For the longest time I have wanted to read Mitch Albom’s widely regarded book, “Tuesdays with Morrie.” I finally purchased it and dove in. It was worth the read. This is one of those works that has the ability to change a person’s life, and I would be lying if I said I didn’t get a bit misty eyed at times. In short, you need to read this book, and here’s why . . .
Albom — who is a prolific sports reporter, nationally syndicated columnist and radio host, and author of several books — found out his former professor Morrie Schwartz was dying from Amyotrophic Lateral Sclerosis (ALS), or Lou Gehrig’s Disease. While in college at Brandeis University in Waltham, Mass., Albom took every class Morrie offered. They become very close and good friends. Upon graduation, though, Albom admits to allowing their connection to fade away. He didn’t keep in touch, so when he heard of his beloved professor’s fate, he reconnected. At first he was worried too much time had passed, but Morrie remembered him, which lead to the magical series weekly conversations chronicled in the book.
During his time at Brandeis, Albom would always meet with Morrie on Tuesdays, so it was only natural they continue to meet on Tuesdays during the old professor’s ending days. They did this because, as Morrie said, they were “Tuesday people.”
Morrie was a teacher to the end, which is why he wanted to meet with Albom every week despite his continually declining condition. He wanted to give one final lesson to Albom. A final thesis, as it was referred to. A lesson about life and death and how to truly connect with those around us.
For 14 Tuesdays, Albom went to Morrie’s house. They talked about life and love and death and a myriad of other topics.
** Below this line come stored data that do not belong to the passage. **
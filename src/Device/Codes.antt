-- ===== src/Device/Codes.antt =====
-- viewer/device.go: the short code that a television shows and a person types.
use mathlib.Core.List.{append-nil}
use phimtor.Base.{
  ℕ, zero, suc, ◌-◌, ◌%◌, ◌≤◌, ◌<◌, true, ◌&&◌, ◌⊎◌, some, [], ◌∷◌, ◌++◌, map, length, leb, ◌==◌,
  All, if◌then◌else◌, if_elim, ◌≡◌, refl, sym, ap, ◌∙◌, arith, Bool-cases, inl, inr, subst,
}
use phimtor.Base.Bytes.{Bytes}
use phimtor.Session.{IsPrinted, lower}
use phimtor.Device.{
  Letters, is_in, letter_at, user_code_alphabet, user_code_len, code_letters, random_user_code,
  kept_letters, normalize_user_code, format_user_code,
}

abbrev pub upper : ℕ → ℕ
upper c = if leb b'a' c && leb c b'z' then c - 32 else c

-- What is relied on: upper case in ASCII, and that a text of printed ASCII has no space around it.
pub record IsLetters (u : Letters) : Type 0 where
  pub to_upper-ascii : (c : ℕ) → c < 128 → u.to_upper c ≡ upper c
  pub trim_space-printed : (s : Bytes) → All IsPrinted s → u.trim_space s ≡ s

abbrev pub InAlphabet : ℕ → Type 0
InAlphabet c = is_in c user_code_alphabet ≡ true

letter_at-is_in : (i : ℕ) (s : Bytes) → i < length s → is_in (letter_at i s) s ≡ true
letter_at-is_in i [] h = absurd (omega arith)
letter_at-is_in zero (c ∷ s) h = ground arith
letter_at-is_in (suc i) (c ∷ s) h = ground (arith, letter_at-is_in i s)

code_letters-InAlphabet :
    (n : ℕ) (raw : Bytes)
    → n ≤ length raw
    → (length (code_letters n raw) ≡ n) × All InAlphabet (code_letters n raw)
unfolding code_letters
code_letters-InAlphabet zero raw h = (refl, tt)
code_letters-InAlphabet (suc n) [] h = absurd (omega arith)
code_letters-InAlphabet (suc n) (c ∷ raw) h =
    let rest = code_letters-InAlphabet n raw (omega arith) in
    (
      ap (λ k. suc k) rest.0,
      (letter_at-is_in (c % length user_code_alphabet) user_code_alphabet (omega arith), rest.1),
    )

-- A digit or a capital.
abbrev IsCapital : ℕ → Type 0
IsCapital c = ((b'0' ≤ c) × (c ≤ b'9')) ⊎ ((b'A' ≤ c) × (c ≤ b'Z'))

is_in-All {κ} : (P : ℕ → Type κ) (c : ℕ) (s : Bytes) → All P s → is_in c s ≡ true → P c
is_in-All P c [] h e = absurd (ground arith)
is_in-All P c (d ∷ s) h e = elim (Bool-cases (c == d)) [
  | inl q ↦ subst P (ground arith) h.0
  | inr q ↦ is_in-All P c s h.1 (ground arith)
]

InAlphabet-IsCapital : (c : ℕ) → InAlphabet c → IsCapital c
InAlphabet-IsCapital c h = is_in-All IsCapital c user_code_alphabet (omega arith) h

module _ (u : Letters) where
  kept_letter :
      (d c : ℕ) (s : Bytes)
      → u.to_upper d ≡ c
      → InAlphabet c
      → kept_letters u (d ∷ s) ≡ c ∷ kept_letters u s
  unfolding kept_letters
  kept_letter d c s e i =
      let rest = kept_letters u s in
      ap (λ x. if is_in x user_code_alphabet then x ∷ rest else rest) e
      ∙ ap (λ b. if b then c ∷ rest else rest) i

  kept_letters-dash : (s : Bytes) → IsLetters u → kept_letters u (b'-' ∷ s) ≡ kept_letters u s
  unfolding kept_letters
  kept_letters-dash s l =
      let rest = kept_letters u s in
      ap (λ x. if is_in x user_code_alphabet then x ∷ rest else rest)
        (l.to_upper-ascii b'-' (omega arith))

  kept_letters-map :
      (f : ℕ → ℕ) (code s : Bytes)
      → IsLetters u
      → ((c : ℕ) → IsCapital c → (f c < 128) × (upper (f c) ≡ c))
      → All InAlphabet code
      → kept_letters u (map f code ++ s) ≡ code ++ kept_letters u s
  kept_letters-map f [] s l h a = refl
  kept_letters-map f (c ∷ code) s l h a =
      let cased = h c (InAlphabet-IsCapital c a.0) in
      kept_letter (f c) c (map f code ++ s) (l.to_upper-ascii (f c) cased.0 ∙ cased.1) a.0
      ∙ ap (λ t. c ∷ t) (kept_letters-map f code s l h a.1)

  kept_letters-format :
      (f : ℕ → ℕ) (code : Bytes)
      → IsLetters u
      → ((c : ℕ) → IsCapital c → (f c < 128) × (upper (f c) ≡ c))
      → f b'-' ≡ b'-'
      → All InAlphabet code
      → length code ≡ user_code_len
      → kept_letters u (map f (format_user_code code)) ≡ code
  unfolding format_user_code
  kept_letters-format f [] l h d a n = absurd (omega arith)
  kept_letters-format f (a ∷ []) l h d i n = absurd (omega arith)
  kept_letters-format f (a ∷ b ∷ []) l h d i n = absurd (omega arith)
  kept_letters-format f (a ∷ b ∷ c ∷ []) l h d i n = absurd (omega arith)
  kept_letters-format f (a ∷ b ∷ c ∷ e ∷ s) l h d i n =
      ap (λ t. kept_letters u (map f (if t then a ∷ b ∷ c ∷ e ∷ b'-' ∷ s else a ∷ b ∷ c ∷ e ∷ s)))
        (same_length (length (a ∷ b ∷ c ∷ e ∷ s)) n)
      ∙ kept_letters-map f (a ∷ b ∷ c ∷ e ∷ []) (map f (b'-' ∷ s)) l h
          (i.0, (i.1.0, (i.1.1.0, (i.1.1.1.0, tt))))
      ∙ ap (λ t. a ∷ b ∷ c ∷ e ∷ t)
          (ap (λ x. kept_letters u (x ∷ map f s)) d
            ∙ kept_letters-dash (map f s) l
            ∙ ap (λ t. kept_letters u t) (sym (append-nil (map f s)))
            ∙ kept_letters-map f s [] l h i.1.1.1.1
            ∙ (unfold kept_letters in append-nil s))
    where
      same_length : (k : ℕ) → k ≡ user_code_len → (k == user_code_len) ≡ true
      same_length k q = ground arith

map-IsPrinted :
    (f : ℕ → ℕ) (code : Bytes)
    → ((c : ℕ) → IsCapital c → IsPrinted (f c))
    → All InAlphabet code
    → All IsPrinted (map f code)
map-IsPrinted f [] h a = tt
map-IsPrinted f (c ∷ code) h a = (h c (InAlphabet-IsCapital c a.0), map-IsPrinted f code h a.1)

format-IsPrinted :
    (f : ℕ → ℕ) (code : Bytes)
    → ((c : ℕ) → IsCapital c → IsPrinted (f c))
    → f b'-' ≡ b'-'
    → All InAlphabet code
    → All IsPrinted (map f (format_user_code code))
unfolding format_user_code
format-IsPrinted f [] h d i = tt
format-IsPrinted f (a ∷ []) h d i = map-IsPrinted f (a ∷ []) h i
format-IsPrinted f (a ∷ b ∷ []) h d i = map-IsPrinted f (a ∷ b ∷ []) h i
format-IsPrinted f (a ∷ b ∷ c ∷ []) h d i = map-IsPrinted f (a ∷ b ∷ c ∷ []) h i
format-IsPrinted f (a ∷ b ∷ c ∷ e ∷ s) h d i =
    let all = map-IsPrinted f (a ∷ b ∷ c ∷ e ∷ s) h i in
    if_elim (λ t. All IsPrinted (map f t)) (length (a ∷ b ∷ c ∷ e ∷ s) == user_code_len) _ _
      (λ q. (all.0, (all.1.0, (all.1.1.0, (all.1.1.1.0, (ground arith, all.1.1.1.1)))))) (λ q. all)

-- Typed with each letter as it is or in another case.
normalize_user_code-typed :
    (u : Letters) (f : ℕ → ℕ) (code : Bytes)
    → IsLetters u
    → ((c : ℕ) → IsCapital c → (f c < 128) × (upper (f c) ≡ c) × IsPrinted (f c))
    → f b'-' ≡ b'-'
    → All InAlphabet code
    → length code ≡ user_code_len
    → normalize_user_code u (map f (format_user_code code)) ≡ code
unfolding normalize_user_code
normalize_user_code-typed u f code l h d a n =
    ap (kept_letters u) (l.trim_space-printed _ (format-IsPrinted f code (λ c q. (h c q).2) d a))
    ∙ kept_letters-format u f code l (λ c q. ((h c q).0, (h c q).1)) d a n

-- Small letters are typed as they are; the dash is no letter.
abbrev pub lower_case : Bytes → Bytes
lower_case s = map lower s

-- The code that is drawn from enough randomness has eight letters of the alphabet, and what the screen
-- shows, typed in capitals or in small letters, is read as that code.
pub normalize_user_code-random_user_code :
    (u : Letters) (raw : Bytes)
    → IsLetters u
    → user_code_len ≤ length raw
    → (code : Bytes) × (random_user_code (some raw) ≡ some code)
      × (length code ≡ user_code_len)
      × (normalize_user_code u (format_user_code code) ≡ code)
      × (normalize_user_code u (lower_case (format_user_code code)) ≡ code)
unfolding random_user_code normalize_user_code
normalize_user_code-random_user_code u raw l h =
    let code = code_letters user_code_len raw in
    let made = code_letters-InAlphabet user_code_len raw h in
    (
      code,
      refl,
      made.0,
      ap (normalize_user_code u) (sym (map_same (format_user_code code)))
          ∙ normalize_user_code-typed u (λ c. c) code l
              (λ c q. (ground arith, ground arith, ground arith)) refl made.1 made.0,
      normalize_user_code-typed u lower code l (λ c q. (ground arith, ground arith, ground arith))
          refl made.1 made.0,
    )
  where
    map_same : (s : Bytes) → map (λ c. c) s ≡ s
    map_same [] = refl
    map_same (c ∷ s) = ap (λ t. c ∷ t) (map_same s)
Each turn of the page brought forth new emotions and new perspectives on life. In reading what Albom had written of his conversations with Morrie, I felt like I was there; that Morrie was talking to me. It was very powerful. Several of the points truly struck me, but what follows are a list of the most impactful:
- Be like Morrie: have courage, humor, patience, and openness
- It’s OK to cry
- Always be present in the moment
- Don’t put off saying something to someone you care about as any day could be your last opportunity
- “‘Love is the only rational act.”‘ — Levine via Morrie
- Don’t feel sorry for yourself; give yourself a few moments each to mourn and then focus on the good
- “Sometimes you cannot believe what you see, you have to believe what you feel.” — Morrie
- “Everyone knows they’re going to die, but nobody believes it. If we did, we would do things differently [. . .] But there’s a better approach. To know you’re going to die, and to be prepared for it at any time. That’s better. That way you can actually be more involved in your life while you’re living [. . .] Once you learn how to die, you learn how to live.” — Morrie
- “‘Love each other or perish.'” — Auden via Morrie
- Lead a simple life; don’t get caught up in egotistical or materialistic things
- Money is not a substitute for anything
- Offer others what you have to give
There was so much more great thoughts and philosophies on life, love, death, and happiness, but these were some of the most poignant to me. The entire book truly made me think and reconsider what it is important in life. I’ve read other books that made me want to change, but through the stories of Morrie, I feel like it is more achievable. It seems more within my reach. He was a teacher who could simplify concepts into a more digestible form, and therein lies the beauty of it all.
Read this book.
A very cool aspect of what Albom did was the reason he wrote the book. First, Morrie wanted him to, but Albom also did it to help pay for Morrie’s medical bills. He used proceeds from the book’s sales to pay for his dying professor’s medical expenses. That’s awesome!
Oh, and I finished reading this book yesterday evening while sitting at a high school track meet. Yesterday was a Tuesday. It felt right, ya know? Like Morrie’s presence was truly there.